--- What to produce ---
Read the lines of the data below and retrieve those with "members".

--- Collection entries ---
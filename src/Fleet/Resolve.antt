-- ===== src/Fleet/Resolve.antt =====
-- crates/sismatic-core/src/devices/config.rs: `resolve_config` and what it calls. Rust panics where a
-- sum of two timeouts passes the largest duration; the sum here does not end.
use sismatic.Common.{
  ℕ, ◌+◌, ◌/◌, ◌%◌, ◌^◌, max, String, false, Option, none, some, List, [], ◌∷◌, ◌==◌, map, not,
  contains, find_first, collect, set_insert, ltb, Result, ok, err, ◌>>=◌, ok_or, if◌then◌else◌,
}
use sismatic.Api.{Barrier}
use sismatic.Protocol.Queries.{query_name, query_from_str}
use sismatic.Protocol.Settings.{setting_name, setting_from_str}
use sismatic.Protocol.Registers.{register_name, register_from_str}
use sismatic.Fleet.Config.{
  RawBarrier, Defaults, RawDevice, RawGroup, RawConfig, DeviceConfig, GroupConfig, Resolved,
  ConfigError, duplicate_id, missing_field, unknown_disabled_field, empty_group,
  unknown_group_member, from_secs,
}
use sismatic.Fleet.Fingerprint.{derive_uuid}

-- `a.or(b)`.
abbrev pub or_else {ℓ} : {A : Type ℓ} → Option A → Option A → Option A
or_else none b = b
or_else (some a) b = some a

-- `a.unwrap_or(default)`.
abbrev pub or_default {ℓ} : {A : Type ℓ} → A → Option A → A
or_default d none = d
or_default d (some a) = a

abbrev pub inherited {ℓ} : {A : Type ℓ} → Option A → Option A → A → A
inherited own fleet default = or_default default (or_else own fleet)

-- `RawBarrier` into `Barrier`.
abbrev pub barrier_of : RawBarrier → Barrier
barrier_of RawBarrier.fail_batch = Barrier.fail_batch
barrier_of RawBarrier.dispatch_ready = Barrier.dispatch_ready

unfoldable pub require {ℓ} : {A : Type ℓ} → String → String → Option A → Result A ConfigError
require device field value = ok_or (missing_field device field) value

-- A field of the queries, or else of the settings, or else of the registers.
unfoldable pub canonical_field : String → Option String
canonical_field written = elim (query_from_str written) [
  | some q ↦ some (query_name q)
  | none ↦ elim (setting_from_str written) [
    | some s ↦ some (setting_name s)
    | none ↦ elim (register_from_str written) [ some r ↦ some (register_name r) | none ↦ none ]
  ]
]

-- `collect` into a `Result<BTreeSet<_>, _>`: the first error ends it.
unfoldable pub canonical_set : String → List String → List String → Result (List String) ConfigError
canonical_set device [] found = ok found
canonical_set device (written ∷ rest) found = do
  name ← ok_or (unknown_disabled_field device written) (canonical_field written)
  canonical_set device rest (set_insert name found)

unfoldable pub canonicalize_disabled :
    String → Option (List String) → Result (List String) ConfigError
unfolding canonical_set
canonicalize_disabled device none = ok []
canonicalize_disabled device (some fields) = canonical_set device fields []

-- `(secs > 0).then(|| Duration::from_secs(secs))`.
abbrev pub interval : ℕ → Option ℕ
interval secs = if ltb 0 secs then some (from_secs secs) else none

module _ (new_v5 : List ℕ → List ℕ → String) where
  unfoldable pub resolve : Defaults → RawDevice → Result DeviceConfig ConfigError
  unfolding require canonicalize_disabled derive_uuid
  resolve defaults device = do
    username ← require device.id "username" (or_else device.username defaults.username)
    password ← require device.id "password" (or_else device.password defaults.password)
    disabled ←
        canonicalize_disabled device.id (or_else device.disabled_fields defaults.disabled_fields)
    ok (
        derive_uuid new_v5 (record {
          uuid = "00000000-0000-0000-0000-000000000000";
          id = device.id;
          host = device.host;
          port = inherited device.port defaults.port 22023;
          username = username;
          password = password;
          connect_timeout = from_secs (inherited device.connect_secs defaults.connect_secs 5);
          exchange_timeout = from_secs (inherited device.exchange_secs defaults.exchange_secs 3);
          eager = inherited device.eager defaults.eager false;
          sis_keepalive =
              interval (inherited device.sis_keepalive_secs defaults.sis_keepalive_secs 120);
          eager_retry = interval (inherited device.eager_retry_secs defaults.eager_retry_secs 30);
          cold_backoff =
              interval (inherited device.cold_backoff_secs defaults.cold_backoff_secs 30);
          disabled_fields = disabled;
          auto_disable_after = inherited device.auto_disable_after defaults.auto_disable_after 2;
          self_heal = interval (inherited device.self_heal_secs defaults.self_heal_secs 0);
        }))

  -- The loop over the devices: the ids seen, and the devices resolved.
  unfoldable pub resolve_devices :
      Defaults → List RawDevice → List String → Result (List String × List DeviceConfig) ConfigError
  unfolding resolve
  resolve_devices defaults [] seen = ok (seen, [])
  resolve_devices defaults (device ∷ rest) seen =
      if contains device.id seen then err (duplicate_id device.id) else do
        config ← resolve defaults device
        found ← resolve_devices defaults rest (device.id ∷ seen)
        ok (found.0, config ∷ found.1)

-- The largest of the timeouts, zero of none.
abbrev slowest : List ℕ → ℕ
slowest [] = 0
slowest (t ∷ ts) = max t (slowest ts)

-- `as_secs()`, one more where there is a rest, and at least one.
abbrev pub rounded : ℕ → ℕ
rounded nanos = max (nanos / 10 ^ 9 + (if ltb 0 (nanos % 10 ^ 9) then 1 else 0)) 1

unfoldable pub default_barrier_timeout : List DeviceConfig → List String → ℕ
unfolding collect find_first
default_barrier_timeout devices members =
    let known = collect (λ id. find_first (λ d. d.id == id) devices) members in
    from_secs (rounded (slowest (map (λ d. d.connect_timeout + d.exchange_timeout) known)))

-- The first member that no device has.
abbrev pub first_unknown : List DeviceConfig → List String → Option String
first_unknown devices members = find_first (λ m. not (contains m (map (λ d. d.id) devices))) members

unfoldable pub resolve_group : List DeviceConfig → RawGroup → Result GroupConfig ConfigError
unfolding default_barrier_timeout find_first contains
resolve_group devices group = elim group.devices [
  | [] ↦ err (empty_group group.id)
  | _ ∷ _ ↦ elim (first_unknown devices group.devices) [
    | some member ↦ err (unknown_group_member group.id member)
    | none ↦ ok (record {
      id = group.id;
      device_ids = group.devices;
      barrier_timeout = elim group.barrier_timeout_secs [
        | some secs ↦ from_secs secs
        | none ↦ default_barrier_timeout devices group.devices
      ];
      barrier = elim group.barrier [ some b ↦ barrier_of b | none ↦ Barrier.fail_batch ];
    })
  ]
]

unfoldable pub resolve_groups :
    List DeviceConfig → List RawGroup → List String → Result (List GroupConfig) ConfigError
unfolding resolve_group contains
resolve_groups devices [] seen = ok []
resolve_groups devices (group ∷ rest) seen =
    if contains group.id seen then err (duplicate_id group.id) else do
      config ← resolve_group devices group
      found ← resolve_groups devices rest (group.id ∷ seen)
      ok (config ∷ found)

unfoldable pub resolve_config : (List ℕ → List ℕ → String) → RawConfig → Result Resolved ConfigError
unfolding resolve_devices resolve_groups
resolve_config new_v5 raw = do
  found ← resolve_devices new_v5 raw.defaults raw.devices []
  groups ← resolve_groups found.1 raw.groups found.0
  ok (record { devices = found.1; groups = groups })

--- Written response ---
default_barrier_timeout devices members =
    let known = collect (λ id. find_first (λ d. d.id == id) devices) members in
first_unknown devices members = find_first (λ m. not (contains m (map (λ d. d.id) devices))) members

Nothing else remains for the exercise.